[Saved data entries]

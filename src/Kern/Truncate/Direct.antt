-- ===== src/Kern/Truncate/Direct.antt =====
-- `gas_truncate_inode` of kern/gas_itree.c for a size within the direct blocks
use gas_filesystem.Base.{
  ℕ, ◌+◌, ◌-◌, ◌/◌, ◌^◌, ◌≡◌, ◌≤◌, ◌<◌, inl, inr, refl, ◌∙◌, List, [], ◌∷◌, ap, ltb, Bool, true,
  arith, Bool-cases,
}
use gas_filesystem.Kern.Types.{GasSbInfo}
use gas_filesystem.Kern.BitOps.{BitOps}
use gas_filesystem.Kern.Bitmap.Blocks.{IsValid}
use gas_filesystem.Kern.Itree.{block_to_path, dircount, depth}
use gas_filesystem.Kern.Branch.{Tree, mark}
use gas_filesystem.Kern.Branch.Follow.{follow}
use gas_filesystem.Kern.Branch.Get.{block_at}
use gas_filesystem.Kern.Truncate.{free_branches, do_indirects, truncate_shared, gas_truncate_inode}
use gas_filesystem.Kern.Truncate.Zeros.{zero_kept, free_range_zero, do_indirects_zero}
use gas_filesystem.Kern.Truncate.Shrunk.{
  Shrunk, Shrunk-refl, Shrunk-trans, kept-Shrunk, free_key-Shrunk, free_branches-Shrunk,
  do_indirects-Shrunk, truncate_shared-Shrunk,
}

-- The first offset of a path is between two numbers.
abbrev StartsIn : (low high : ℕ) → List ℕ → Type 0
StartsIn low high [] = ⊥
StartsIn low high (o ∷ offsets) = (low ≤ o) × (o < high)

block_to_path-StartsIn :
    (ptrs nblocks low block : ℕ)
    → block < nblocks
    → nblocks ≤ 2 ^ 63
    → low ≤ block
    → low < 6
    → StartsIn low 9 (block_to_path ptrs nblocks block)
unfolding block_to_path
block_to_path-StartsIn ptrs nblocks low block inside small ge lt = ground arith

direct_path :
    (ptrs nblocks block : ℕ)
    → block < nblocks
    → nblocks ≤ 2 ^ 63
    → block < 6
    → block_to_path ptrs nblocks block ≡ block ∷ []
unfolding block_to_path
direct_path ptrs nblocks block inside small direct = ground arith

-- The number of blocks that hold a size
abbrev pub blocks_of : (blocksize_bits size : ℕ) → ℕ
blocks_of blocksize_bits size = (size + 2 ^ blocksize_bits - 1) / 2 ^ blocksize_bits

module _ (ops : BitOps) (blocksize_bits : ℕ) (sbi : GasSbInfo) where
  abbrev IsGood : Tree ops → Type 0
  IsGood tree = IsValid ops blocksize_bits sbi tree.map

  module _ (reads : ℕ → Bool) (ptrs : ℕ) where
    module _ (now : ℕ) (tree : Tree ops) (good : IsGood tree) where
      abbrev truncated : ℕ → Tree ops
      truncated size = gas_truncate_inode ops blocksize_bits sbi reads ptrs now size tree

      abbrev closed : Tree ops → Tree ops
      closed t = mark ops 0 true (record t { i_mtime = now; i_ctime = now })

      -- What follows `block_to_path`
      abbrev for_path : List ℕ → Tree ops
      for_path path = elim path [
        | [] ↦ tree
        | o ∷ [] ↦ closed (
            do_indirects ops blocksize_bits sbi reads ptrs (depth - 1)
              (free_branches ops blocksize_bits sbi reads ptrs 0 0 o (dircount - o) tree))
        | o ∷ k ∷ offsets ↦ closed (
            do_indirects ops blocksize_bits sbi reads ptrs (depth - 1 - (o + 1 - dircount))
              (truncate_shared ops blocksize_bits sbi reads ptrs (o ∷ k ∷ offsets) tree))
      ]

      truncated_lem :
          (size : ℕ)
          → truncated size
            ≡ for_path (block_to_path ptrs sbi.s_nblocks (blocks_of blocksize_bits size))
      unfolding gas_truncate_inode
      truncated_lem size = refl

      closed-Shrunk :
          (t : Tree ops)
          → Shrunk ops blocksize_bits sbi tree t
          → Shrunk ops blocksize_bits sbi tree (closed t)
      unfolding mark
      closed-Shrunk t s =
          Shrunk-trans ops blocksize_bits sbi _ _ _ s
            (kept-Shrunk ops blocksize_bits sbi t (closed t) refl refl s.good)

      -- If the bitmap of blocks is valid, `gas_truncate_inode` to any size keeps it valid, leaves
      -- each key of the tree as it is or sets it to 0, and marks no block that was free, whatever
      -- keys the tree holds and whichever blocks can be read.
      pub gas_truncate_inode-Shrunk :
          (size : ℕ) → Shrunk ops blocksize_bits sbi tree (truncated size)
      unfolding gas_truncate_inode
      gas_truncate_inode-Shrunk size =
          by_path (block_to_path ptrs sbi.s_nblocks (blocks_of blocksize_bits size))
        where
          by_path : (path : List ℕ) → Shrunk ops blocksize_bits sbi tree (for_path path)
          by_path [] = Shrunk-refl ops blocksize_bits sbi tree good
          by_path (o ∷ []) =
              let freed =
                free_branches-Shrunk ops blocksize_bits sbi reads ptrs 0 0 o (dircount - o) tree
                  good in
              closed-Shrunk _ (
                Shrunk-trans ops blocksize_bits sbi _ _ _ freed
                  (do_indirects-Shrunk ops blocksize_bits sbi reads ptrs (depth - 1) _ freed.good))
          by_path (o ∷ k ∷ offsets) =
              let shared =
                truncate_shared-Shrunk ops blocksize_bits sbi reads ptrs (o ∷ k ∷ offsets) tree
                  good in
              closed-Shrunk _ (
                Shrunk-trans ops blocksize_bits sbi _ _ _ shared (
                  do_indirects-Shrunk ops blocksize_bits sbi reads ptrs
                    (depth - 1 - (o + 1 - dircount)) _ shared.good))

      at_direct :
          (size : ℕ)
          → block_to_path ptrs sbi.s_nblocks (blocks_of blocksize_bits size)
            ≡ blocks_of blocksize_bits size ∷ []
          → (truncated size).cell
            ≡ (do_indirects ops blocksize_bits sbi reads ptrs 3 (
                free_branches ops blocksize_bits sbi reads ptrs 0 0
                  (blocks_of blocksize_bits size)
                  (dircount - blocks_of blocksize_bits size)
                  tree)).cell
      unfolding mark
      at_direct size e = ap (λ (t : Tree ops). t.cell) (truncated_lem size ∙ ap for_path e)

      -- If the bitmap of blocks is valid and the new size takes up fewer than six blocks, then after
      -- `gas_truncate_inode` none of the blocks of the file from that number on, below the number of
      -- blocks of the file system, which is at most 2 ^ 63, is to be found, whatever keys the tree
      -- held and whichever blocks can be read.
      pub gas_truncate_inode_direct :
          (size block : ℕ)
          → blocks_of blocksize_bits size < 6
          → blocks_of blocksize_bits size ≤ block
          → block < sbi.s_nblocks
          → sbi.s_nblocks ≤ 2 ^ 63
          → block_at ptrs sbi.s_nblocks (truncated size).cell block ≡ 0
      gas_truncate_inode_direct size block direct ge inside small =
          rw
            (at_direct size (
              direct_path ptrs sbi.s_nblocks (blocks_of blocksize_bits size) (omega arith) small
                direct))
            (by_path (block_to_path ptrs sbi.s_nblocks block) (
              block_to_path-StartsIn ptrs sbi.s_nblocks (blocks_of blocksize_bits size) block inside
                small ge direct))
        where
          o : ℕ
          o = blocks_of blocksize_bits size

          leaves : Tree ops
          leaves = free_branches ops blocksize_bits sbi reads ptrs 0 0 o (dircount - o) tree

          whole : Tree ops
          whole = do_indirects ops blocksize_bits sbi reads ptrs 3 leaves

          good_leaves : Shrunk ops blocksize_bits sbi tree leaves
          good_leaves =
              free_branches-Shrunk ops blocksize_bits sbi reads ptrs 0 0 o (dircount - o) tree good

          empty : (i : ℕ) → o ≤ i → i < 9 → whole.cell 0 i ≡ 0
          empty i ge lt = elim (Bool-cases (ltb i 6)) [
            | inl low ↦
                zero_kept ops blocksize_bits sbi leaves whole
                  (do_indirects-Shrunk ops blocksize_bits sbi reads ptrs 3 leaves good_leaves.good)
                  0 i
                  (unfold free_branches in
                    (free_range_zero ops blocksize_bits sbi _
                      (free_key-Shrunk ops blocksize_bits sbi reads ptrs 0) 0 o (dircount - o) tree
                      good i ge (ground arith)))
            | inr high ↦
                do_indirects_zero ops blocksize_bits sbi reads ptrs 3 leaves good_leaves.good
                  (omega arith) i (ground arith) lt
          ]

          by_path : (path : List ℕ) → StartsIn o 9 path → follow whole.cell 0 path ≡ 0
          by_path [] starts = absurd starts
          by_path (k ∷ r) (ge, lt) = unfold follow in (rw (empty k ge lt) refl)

# WHAT YOU ARE ASKED TO DO
Search the data for the word "ground" and copy each line where it appears.

# SOLUTION TO THIS PROBLEM
block_to_path-StartsIn ptrs nblocks low block inside small ge lt = ground arith
direct_path ptrs nblocks block inside small direct = ground arith
                      good i ge (ground arith)))
                  (omega arith) i (ground arith) lt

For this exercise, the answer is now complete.